*About this task*
Give again, word for word, every line below from the one that has "example : ConfigCmd" through the one that has "pub ran : List (List Text)", both included, and no others.

*Supplied data*
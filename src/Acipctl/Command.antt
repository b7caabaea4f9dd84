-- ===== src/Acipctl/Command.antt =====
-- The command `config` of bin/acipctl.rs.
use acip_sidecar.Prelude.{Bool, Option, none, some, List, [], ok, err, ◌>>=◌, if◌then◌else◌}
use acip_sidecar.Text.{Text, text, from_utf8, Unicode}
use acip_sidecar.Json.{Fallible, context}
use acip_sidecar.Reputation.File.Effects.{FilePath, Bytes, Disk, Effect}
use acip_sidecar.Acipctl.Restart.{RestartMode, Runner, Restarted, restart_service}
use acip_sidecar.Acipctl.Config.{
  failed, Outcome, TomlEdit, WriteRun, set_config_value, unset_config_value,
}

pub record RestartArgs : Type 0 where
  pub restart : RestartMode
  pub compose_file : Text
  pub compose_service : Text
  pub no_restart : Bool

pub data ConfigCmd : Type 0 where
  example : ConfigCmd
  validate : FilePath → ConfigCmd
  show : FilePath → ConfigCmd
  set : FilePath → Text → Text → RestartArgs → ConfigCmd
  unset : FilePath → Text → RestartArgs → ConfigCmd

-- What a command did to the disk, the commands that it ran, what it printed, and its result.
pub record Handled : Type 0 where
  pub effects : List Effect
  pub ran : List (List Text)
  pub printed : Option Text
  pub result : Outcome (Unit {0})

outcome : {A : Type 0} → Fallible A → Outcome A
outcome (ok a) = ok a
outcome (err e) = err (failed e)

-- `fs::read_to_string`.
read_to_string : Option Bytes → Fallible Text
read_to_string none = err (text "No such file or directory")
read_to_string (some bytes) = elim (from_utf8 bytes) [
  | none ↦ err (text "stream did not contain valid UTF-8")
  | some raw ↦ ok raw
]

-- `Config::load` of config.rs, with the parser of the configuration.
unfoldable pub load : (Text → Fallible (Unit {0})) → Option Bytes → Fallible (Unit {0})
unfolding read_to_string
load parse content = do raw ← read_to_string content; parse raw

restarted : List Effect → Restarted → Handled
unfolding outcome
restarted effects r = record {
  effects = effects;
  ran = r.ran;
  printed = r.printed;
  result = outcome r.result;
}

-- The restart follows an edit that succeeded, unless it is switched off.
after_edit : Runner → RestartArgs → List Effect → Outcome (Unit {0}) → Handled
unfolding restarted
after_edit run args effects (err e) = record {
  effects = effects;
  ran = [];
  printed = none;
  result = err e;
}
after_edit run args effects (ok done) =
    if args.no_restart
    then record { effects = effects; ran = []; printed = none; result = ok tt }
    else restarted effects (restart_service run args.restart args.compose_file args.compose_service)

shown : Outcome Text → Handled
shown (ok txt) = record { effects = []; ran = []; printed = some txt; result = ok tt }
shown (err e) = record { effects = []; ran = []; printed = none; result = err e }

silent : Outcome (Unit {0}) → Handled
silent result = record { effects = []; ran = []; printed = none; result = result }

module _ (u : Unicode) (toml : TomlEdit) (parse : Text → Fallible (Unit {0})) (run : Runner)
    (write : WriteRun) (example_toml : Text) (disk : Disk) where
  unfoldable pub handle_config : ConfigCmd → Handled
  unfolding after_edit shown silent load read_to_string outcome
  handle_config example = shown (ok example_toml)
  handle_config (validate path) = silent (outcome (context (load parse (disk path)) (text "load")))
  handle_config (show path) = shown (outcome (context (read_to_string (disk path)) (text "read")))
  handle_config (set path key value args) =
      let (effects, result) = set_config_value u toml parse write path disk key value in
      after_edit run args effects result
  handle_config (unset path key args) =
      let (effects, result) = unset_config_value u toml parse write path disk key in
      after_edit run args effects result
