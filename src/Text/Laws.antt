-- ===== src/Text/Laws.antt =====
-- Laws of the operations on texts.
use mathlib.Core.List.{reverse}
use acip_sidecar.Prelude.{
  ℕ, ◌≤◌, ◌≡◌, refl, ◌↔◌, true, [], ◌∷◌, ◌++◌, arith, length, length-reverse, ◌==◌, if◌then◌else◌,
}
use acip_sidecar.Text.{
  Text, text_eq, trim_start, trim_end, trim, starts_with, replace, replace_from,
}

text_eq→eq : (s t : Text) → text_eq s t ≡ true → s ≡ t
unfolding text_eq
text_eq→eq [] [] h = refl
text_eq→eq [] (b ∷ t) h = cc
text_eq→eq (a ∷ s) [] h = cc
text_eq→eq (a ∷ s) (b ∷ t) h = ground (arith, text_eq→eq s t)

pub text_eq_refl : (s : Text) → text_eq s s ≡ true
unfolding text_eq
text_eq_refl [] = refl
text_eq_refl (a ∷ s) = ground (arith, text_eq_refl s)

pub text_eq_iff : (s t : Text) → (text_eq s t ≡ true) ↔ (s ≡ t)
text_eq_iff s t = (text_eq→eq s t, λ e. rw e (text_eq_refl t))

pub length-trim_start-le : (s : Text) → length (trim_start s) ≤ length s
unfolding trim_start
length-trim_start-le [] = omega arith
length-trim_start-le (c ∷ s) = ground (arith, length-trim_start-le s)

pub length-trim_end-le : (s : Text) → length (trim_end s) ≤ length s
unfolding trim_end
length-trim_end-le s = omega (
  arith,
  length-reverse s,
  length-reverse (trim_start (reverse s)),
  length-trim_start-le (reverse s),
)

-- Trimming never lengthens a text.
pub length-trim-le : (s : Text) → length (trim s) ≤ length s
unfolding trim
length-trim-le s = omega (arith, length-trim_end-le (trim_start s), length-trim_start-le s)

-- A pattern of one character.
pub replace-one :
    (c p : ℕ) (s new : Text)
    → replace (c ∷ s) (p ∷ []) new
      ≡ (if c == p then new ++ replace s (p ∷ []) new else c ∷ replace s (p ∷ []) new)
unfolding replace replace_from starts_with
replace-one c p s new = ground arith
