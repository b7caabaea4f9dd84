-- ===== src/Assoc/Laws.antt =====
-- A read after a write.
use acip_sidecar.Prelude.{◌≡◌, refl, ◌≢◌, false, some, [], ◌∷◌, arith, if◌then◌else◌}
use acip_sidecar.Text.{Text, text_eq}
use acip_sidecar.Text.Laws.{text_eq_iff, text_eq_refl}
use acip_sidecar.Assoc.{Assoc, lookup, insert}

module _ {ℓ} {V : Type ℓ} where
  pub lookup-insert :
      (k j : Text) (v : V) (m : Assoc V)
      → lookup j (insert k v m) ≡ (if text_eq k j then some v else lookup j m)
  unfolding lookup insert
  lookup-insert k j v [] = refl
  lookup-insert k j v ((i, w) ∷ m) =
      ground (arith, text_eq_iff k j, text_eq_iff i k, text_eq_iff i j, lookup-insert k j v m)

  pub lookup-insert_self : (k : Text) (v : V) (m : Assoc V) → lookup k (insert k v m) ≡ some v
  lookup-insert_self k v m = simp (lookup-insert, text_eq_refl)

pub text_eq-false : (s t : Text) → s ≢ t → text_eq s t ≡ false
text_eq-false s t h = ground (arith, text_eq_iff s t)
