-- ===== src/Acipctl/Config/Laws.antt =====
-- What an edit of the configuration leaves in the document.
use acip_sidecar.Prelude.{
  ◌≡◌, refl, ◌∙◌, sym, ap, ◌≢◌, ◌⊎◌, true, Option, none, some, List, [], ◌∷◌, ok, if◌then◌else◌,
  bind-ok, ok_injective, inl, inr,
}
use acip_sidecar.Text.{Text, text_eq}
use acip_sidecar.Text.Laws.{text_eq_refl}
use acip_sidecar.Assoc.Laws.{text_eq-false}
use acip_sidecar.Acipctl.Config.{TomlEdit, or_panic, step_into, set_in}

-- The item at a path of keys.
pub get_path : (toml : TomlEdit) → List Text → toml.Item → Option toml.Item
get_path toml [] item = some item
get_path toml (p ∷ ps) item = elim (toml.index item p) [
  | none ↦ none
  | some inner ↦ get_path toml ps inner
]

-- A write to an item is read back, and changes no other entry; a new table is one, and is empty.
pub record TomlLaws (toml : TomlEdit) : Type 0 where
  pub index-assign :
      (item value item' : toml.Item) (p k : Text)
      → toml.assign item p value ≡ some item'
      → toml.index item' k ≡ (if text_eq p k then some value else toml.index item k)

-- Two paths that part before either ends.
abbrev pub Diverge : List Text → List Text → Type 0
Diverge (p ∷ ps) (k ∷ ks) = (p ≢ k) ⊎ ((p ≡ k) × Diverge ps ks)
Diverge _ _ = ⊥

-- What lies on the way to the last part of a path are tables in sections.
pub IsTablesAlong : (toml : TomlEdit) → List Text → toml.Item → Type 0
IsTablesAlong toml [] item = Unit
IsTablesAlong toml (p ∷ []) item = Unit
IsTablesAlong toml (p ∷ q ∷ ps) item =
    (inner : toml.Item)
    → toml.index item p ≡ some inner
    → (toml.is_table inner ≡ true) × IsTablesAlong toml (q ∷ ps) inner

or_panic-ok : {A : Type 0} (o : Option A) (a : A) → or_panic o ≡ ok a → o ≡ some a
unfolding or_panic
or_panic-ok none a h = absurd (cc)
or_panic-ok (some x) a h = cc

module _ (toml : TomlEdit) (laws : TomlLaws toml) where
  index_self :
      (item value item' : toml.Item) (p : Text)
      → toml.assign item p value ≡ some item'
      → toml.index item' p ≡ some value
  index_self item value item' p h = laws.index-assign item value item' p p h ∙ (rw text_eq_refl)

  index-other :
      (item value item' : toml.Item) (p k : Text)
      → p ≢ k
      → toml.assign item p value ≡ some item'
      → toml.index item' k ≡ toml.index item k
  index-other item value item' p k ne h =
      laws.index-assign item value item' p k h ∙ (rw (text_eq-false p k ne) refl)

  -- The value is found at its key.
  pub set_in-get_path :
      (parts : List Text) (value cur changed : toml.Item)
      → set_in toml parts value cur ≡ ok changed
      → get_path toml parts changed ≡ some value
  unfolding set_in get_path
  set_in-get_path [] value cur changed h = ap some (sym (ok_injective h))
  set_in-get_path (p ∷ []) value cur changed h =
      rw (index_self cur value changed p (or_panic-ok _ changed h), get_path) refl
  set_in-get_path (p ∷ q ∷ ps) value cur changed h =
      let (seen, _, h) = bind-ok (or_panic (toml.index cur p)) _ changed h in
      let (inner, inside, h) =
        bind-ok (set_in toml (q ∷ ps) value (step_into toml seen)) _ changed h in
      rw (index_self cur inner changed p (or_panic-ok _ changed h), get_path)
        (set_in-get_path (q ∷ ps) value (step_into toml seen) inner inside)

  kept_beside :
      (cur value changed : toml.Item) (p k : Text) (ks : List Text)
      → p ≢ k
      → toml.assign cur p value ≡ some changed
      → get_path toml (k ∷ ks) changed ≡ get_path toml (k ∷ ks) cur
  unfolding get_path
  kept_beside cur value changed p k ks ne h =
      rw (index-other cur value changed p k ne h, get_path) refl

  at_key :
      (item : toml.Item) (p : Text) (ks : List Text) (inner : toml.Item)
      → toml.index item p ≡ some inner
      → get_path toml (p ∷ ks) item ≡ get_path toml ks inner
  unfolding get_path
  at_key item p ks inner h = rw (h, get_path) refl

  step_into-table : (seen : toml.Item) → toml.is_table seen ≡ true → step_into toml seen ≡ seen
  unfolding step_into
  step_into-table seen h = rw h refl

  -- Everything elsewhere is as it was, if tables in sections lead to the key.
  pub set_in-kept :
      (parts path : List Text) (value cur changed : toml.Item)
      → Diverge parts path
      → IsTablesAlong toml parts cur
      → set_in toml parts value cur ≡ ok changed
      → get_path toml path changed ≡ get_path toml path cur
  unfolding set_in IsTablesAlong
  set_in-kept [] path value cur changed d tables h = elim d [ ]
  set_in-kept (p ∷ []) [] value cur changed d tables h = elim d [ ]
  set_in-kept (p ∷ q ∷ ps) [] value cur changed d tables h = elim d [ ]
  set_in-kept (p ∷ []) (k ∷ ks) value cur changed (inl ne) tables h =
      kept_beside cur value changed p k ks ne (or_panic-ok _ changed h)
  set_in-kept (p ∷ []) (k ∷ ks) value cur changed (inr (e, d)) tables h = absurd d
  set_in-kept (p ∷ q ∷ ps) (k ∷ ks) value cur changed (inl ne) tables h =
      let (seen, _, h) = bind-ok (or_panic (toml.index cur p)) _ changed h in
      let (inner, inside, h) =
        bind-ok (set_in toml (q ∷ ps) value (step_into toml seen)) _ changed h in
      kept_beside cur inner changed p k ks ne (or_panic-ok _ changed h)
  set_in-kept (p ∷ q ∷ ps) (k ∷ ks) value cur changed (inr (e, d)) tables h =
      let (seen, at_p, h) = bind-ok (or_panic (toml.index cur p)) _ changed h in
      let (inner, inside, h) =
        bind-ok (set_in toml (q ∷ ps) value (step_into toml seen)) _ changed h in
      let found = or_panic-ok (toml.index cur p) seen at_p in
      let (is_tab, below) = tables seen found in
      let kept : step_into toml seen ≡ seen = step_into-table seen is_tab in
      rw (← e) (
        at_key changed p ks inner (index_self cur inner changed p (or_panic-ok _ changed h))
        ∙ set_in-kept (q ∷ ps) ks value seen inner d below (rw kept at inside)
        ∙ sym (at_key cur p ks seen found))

...

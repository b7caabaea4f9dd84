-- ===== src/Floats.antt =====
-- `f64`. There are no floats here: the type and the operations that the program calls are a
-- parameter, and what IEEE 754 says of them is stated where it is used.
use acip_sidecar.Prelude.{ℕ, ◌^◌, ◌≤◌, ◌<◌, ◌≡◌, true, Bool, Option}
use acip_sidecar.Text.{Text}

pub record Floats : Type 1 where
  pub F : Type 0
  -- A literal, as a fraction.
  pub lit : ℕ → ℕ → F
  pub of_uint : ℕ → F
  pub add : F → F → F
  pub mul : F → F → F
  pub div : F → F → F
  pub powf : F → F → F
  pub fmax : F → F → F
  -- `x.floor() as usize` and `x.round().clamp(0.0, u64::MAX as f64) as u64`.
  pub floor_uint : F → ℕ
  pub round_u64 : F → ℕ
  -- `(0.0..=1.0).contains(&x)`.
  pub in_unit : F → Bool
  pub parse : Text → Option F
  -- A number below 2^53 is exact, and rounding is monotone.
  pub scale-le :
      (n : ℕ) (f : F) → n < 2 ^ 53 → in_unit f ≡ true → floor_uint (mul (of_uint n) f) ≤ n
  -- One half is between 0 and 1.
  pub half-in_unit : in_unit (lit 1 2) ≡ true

...

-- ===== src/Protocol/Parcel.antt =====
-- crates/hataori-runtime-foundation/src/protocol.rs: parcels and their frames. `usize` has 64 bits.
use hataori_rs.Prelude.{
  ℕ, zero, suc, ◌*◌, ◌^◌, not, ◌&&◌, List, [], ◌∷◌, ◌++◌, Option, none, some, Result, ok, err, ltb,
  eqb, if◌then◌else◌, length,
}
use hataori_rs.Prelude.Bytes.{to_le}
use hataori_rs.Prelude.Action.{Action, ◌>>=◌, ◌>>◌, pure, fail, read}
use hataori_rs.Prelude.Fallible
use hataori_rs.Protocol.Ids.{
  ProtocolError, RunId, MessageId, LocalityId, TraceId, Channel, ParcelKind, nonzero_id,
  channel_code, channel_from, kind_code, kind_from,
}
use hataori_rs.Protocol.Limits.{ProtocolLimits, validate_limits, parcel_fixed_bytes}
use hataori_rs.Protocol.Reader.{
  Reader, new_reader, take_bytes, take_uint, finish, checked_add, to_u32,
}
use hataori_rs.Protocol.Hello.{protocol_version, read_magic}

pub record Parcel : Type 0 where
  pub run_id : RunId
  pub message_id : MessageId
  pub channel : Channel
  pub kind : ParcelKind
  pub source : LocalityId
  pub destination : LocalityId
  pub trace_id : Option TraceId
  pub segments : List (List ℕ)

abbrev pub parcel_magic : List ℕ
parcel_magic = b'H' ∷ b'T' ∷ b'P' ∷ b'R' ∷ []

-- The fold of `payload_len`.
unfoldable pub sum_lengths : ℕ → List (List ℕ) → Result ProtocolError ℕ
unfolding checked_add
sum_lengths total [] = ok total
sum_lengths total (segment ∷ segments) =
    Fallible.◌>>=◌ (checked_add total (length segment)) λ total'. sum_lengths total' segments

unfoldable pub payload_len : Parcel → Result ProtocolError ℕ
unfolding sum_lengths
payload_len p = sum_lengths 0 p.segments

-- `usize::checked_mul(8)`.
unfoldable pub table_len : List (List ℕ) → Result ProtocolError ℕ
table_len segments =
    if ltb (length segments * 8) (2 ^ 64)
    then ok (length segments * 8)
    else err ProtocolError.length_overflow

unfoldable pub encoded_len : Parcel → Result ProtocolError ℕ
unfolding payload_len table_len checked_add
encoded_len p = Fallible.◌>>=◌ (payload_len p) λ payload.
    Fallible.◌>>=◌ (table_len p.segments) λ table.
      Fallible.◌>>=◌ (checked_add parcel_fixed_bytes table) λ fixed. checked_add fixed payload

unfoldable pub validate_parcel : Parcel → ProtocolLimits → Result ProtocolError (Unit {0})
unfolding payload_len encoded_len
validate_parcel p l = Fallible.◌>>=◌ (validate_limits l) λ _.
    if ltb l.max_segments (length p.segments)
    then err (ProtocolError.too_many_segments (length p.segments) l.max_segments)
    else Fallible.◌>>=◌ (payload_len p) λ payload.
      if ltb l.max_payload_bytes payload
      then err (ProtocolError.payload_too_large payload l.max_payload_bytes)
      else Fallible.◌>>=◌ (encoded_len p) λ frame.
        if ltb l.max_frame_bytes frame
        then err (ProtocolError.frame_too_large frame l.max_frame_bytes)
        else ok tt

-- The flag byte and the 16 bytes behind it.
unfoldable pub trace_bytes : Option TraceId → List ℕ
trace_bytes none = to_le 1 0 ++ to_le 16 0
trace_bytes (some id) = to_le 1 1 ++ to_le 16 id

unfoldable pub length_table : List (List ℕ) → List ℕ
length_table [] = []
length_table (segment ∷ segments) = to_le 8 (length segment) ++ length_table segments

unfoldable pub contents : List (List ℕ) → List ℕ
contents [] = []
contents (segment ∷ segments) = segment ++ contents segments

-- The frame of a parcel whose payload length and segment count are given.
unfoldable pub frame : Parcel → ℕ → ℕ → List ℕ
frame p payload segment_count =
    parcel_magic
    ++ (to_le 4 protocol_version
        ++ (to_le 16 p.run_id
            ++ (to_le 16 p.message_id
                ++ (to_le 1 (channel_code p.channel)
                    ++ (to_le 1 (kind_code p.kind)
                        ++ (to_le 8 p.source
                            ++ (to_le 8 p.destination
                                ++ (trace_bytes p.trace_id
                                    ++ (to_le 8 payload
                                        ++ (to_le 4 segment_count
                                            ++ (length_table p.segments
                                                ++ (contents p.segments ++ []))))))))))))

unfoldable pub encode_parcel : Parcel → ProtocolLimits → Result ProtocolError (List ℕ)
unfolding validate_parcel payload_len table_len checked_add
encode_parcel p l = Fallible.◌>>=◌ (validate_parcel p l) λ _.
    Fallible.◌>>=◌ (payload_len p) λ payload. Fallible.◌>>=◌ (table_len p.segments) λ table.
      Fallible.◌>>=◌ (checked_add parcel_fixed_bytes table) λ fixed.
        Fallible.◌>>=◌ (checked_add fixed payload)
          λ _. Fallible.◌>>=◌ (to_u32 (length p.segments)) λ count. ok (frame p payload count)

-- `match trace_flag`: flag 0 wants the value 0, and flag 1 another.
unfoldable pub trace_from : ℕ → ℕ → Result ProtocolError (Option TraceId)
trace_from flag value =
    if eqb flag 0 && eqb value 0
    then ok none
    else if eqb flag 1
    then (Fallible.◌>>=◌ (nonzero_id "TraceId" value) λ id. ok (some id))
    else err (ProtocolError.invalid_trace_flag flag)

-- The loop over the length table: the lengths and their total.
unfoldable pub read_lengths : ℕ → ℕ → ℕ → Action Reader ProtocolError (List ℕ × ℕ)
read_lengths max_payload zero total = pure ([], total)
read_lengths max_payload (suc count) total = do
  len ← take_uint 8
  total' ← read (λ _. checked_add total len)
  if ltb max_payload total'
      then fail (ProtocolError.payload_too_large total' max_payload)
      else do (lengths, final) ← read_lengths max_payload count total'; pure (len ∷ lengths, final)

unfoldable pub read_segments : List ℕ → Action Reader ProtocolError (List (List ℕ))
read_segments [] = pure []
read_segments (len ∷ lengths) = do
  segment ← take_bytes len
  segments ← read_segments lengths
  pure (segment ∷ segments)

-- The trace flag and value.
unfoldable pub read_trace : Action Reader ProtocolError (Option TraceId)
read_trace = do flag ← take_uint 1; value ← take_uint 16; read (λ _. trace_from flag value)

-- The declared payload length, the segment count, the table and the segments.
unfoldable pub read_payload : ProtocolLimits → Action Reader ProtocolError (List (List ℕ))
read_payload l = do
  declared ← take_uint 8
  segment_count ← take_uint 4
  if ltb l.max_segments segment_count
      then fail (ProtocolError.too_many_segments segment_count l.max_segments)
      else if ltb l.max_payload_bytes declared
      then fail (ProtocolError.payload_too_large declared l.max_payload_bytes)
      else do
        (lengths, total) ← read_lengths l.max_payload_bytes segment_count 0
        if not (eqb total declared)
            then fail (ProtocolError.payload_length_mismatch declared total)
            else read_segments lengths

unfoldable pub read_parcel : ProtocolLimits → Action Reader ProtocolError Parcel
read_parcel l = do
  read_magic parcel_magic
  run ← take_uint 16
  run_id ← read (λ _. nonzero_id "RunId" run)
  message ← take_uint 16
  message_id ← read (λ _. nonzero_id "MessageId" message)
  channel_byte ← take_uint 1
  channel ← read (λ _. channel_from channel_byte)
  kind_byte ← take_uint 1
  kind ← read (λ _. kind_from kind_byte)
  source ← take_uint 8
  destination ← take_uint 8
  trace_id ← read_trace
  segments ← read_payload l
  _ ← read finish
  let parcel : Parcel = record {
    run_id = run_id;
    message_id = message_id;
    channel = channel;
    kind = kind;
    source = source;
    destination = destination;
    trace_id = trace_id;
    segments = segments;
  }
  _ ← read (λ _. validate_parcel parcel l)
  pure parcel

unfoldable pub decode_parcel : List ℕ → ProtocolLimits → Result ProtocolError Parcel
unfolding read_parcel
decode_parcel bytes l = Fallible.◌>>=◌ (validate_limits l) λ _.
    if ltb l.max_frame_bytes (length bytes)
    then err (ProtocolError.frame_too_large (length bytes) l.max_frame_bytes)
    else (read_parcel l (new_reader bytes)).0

*Your response*
  example : ConfigCmd
  validate : FilePath → ConfigCmd
  show : FilePath → ConfigCmd
  set : FilePath → Text → Text → RestartArgs → ConfigCmd
  unset : FilePath → Text → RestartArgs → ConfigCmd

-- What a command did to the disk, the commands that it ran, what it printed, and its result.
pub record Handled : Type 0 where
  pub effects : List Effect
  pub ran : List (List Text)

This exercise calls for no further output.